Ce faible investissement de notre république sur la scolarisation et sur la santé des populations indigènes n’est-il pas en contradiction avec la politique d’assimilation des territoires à la France?

18 octobre 1907: Pas un sou pour les colonies?

 Colonies françaises en 1891 (Le Monde Illustré). 1. Panorama de Lac-Kaï, poste français de Chine.   2. Le Yun-nan, au quai d'Hanoï  3. Rue de Hanoï inondée   4. Embarcadère de Hanoï

« Pas un sou pour les colonies »: Celles-ci doivent « autofinancer » leur développement grâce à des impôts indirects portants sur les produits locaux. Cette doctrine officielle et soi-disant vertueuse me laisse un goût un peu amer.

Les colonies qui devraient accueillir notre oeuvre civilisatrice sont en fait dirigées par des hommes d’affaire…qui souhaitent faire de l’argent avant tout.

Et ces hommes d’affaire sont parties liées avec le pouvoir politique dont certains représentants investissent là-bas.

Léon Mougeot – le « seigneur Mougeot » l’appelle-t’on en Tunisie – grand propriétaire colonial et ancien ministre de l’agriculture, cohabite avec Albert Sarrault, sous secrétaire d’état et Justin Perchot, à la tête d’une entreprise de travaux publics…

Il n’y a rien de malhonnête là-dedans à ma connaissance…mais nous sommes loin du service public désintéressé.

Tout cela se fait dans « une bienveillante indifférence » (Gaston Doumergue) des parlementaires et de l’opinion publique.

Les populations de ces lointaines contrées qui attendent tant de notre pays y trouveront-elles leur compte?

J’en doute.

16 octobre 1907: Lire le Guide Michelin… à défaut de s’offrir une auto.

 Poster de 1898

Acheter une automobile n’est pas encore à la portée de ma bourse de fonctionnaire (j’économise cependant pour que nous puissions nous offrir un jour cet objet convoité par beaucoup).

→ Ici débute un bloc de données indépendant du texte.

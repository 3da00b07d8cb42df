-- ===== src/Sandbox/Intercepted.antt =====
-- The body that the interceptor hands on.
use webhook_idp.Common.{
  ℕ, ◌+◌, ◌≡◌, refl, sym, ap, ◌∙◌, subst, inl, inr, true, false, none, some, arith, Bool-cases,
  Option-cases,
}
use webhook_idp.Common.Text.{Text, txt, ◌===◌, ===_refl, ===_iff}
use webhook_idp.Common.Exec.{ok}
use webhook_idp.Ingestion.Inbox.{
  Json, null, boolean, number, array, string, object, Fields, no_fields, field, is_missing,
}
use webhook_idp.Ingestion.Runtime.{property}
use webhook_idp.Sandbox.{World, truthy, is_truthy, replace, append, assign, intercept}

property-replace :
    (name : Text) (value old : Json) (fields : Fields)
    → property name fields ≡ some old
    → property name (replace name value fields) ≡ some value
unfolding property replace
property-replace name value old no_fields h = absurd (ground arith)
property-replace name value old (field key held rest) h =
    ground (arith, property-replace name value old rest)

property-append :
    (name : Text) (value : Json) (fields : Fields)
    → property name fields ≡ none
    → property name (append name value fields) ≡ some value
unfolding property append
property-append name value no_fields h = rw (===_refl name) refl
property-append name value (field key held rest) h = ground (arith, property-append name value rest)

-- A property has the value that it was assigned.
property-assign :
    (name : Text) (value : Json) (fields : Fields)
    → property name (assign name value fields) ≡ some value
unfolding assign
property-assign name value fields = elim (Option-cases (property name fields)) [
  | inl missing ↦ rw (assign, missing) (property-append name value fields missing)
  | inr (old, held) ↦ rw (assign, held) (property-replace name value old fields held)
]

replace-other :
    (name key : Text) (value : Json) (fields : Fields)
    → (name === key) ≡ false
    → property name (replace key value fields) ≡ property name fields
unfolding property replace
replace-other name key value no_fields h = refl
replace-other name key value (field held old rest) h =
    let others = replace-other name key value rest h in
    elim (Bool-cases (key === held)) [
      | inr other ↦ rw (other, others) refl
      | inl same ↦
          let not_here : (name === held) ≡ false =
            ap (λ k. name === k) (sym ((===_iff key held).0 same)) ∙ h in
          rw (same, not_here) others
    ]

append-other :
    (name key : Text) (value : Json) (fields : Fields)
    → (name === key) ≡ false
    → property name (append key value fields) ≡ property name fields
unfolding property append
append-other name key value no_fields h = rw h refl
append-other name key value (field held old rest) h = rw (append-other name key value rest h) refl

-- A property keeps its value where another is assigned.
assign-other :
    (name key : Text) (value : Json) (fields : Fields)
    → (name === key) ≡ false
    → property name (assign key value fields) ≡ property name fields
unfolding assign
assign-other name key value fields h = elim (Option-cases (property key fields)) [
  | inl missing ↦ rw (assign, missing) (append-other name key value fields h)
  | inr (old, held) ↦ rw (assign, held) (replace-other name key value fields h)
]

assigned-truthy :
    (id : Text) (fields : Fields)
    → is_missing id ≡ false
    → is_truthy (property (txt "correlationId") (assign (txt "correlationId") (string id) fields))
      ≡ true
unfolding is_missing is_truthy truthy
assigned-truthy id fields there =
    rw (property-assign (txt "correlationId") (string id) fields) (ground arith)

object_inj : {a b : Fields} → object a ≡ object b → a ≡ b
object_inj h = cc h

-- The fields handed on are those that were posted, but for a correlation id that was not there.
pub record IsCompleted (raw : Json) (fields : Fields) : Type 0 where
  pub posted : Fields
  pub is_posted : raw ≡ object posted
  pub others :
      (name : Text)
      → (name === txt "correlationId") ≡ false
      → property name fields ≡ property name posted
  pub correlation : is_truthy (property (txt "correlationId") posted) ≡ true → fields ≡ posted

module _ {State : Type 0} where
  -- What the interceptor hands on of a body that is an object: its correlation id is there.
  pub record IsIntercepted (raw : Json) (w : World State) : Type 0 where
    pub body : Json
    pub drawn : ℕ
    pub runs : intercept raw w ≡ (ok body, record w { drawn = drawn })
    pub correlated :
        (fields : Fields)
        → body ≡ object fields
        → is_truthy (property (txt "correlationId") fields) ≡ true
    pub completed : (fields : Fields) → body ≡ object fields → IsCompleted raw fields

  pub intercept-IsIntercepted :
      (raw : Json) (w : World State)
      → ((n : ℕ) → is_missing (w.randoms n) ≡ false)
      → IsIntercepted raw w
  unfolding intercept
  intercept-IsIntercepted (object fields) w ids =
      elim (Bool-cases (is_truthy (property (txt "correlationId") fields))) [
        | inl there ↦ record {
          body = object fields;
          drawn = w.drawn;
          runs = rw there refl;
          correlated = λ fs same.
              subst (λ x. is_truthy (property (txt "correlationId") x) ≡ true) (cc same) there;
          completed = λ fs same. subst (IsCompleted (object fields)) (object_inj same) (record {
            posted = fields;
            is_posted = refl;
            others = λ name h. refl;
            correlation = λ h. refl;
          });
        }
        | inr missing ↦ record {
          body = object (assign (txt "correlationId") (string (w.randoms w.drawn)) fields);
          drawn = w.drawn + 1;
          runs = rw missing refl;
          correlated = λ fs same.
              subst (λ x. is_truthy (property (txt "correlationId") x) ≡ true) (cc same)
                (assigned-truthy (w.randoms w.drawn) fields (ids w.drawn));
          completed = λ fs same. subst (IsCompleted (object fields)) (object_inj same) (record {
            posted = fields;
            is_posted = refl;
            others = λ name h. assign-other name (txt "correlationId") _ fields h;
            correlation = λ h. absurd (ground (arith, missing, h));
          });
        }
      ]
  intercept-IsIntercepted (array items) w ids = record {
    body = array items;
    drawn = w.drawn + 1;
    runs = refl;
    correlated = λ fs same. absurd (ground arith);
    completed = λ fs same. absurd (ground arith);
  }
  intercept-IsIntercepted null w ids = record {
    body = null;
    drawn = w.drawn;
    runs = refl;
    correlated = λ fs same. absurd (ground arith);
    completed = λ fs same. absurd (ground arith);
  }
  intercept-IsIntercepted (boolean b) w ids = record {
    body = boolean b;
    drawn = w.drawn;
    runs = refl;
    correlated = λ fs same. absurd (ground arith);
    completed = λ fs same. absurd (ground arith);
  }
  intercept-IsIntercepted (number t) w ids = record {
    body = number t;
    drawn = w.drawn;
    runs = refl;
    correlated = λ fs same. absurd (ground arith);
    completed = λ fs same. absurd (ground arith);
  }
  intercept-IsIntercepted (string t) w ids = record {
    body = string t;
    drawn = w.drawn;
    runs = refl;
    correlated = λ fs same. absurd (ground arith);
    completed = λ fs same. absurd (ground arith);
  }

En attendant, je me « délecte » à la lecture du Guide Michelin publié et soigneusement mis à jour chaque année depuis 1900.

Vu le nombre de conseils donnés sur le montage et le démontage des pneumatiques, j’ai l’impression que les chauffeurs passent leur temps à crever! De ce point de vue, il vaut mieux attendre avant d’acheter un véhicule; avec le temps et le progrès technique, les pneus gagneront en robustesse.

Certaines citations du livre ne manquent pas de souffle: « Cet ouvrage paraît avec le siècle, il durera autant que lui. L’automobilisme vient de naître, il se développera chaque année et le pneu avec lui, car le pneu est l’organe essentiel sans lequel l’automobilisme ne peut rouler ». Ce lyrisme laisse rêveur.

Le livre nous conseille de jolies routes, des hôtels charmants…Les connaisseurs des différentes régions décrites débattent à perte de vue de la pertinence des jugements (souvent définitifs) du guide.

Pour ma part, j’aimerais voir la tête des aubergistes qui apparaissent un année puis disparaissent l’année suivante du guide…surtout s’ils découvrent que leur principal concurrent a pris leur place!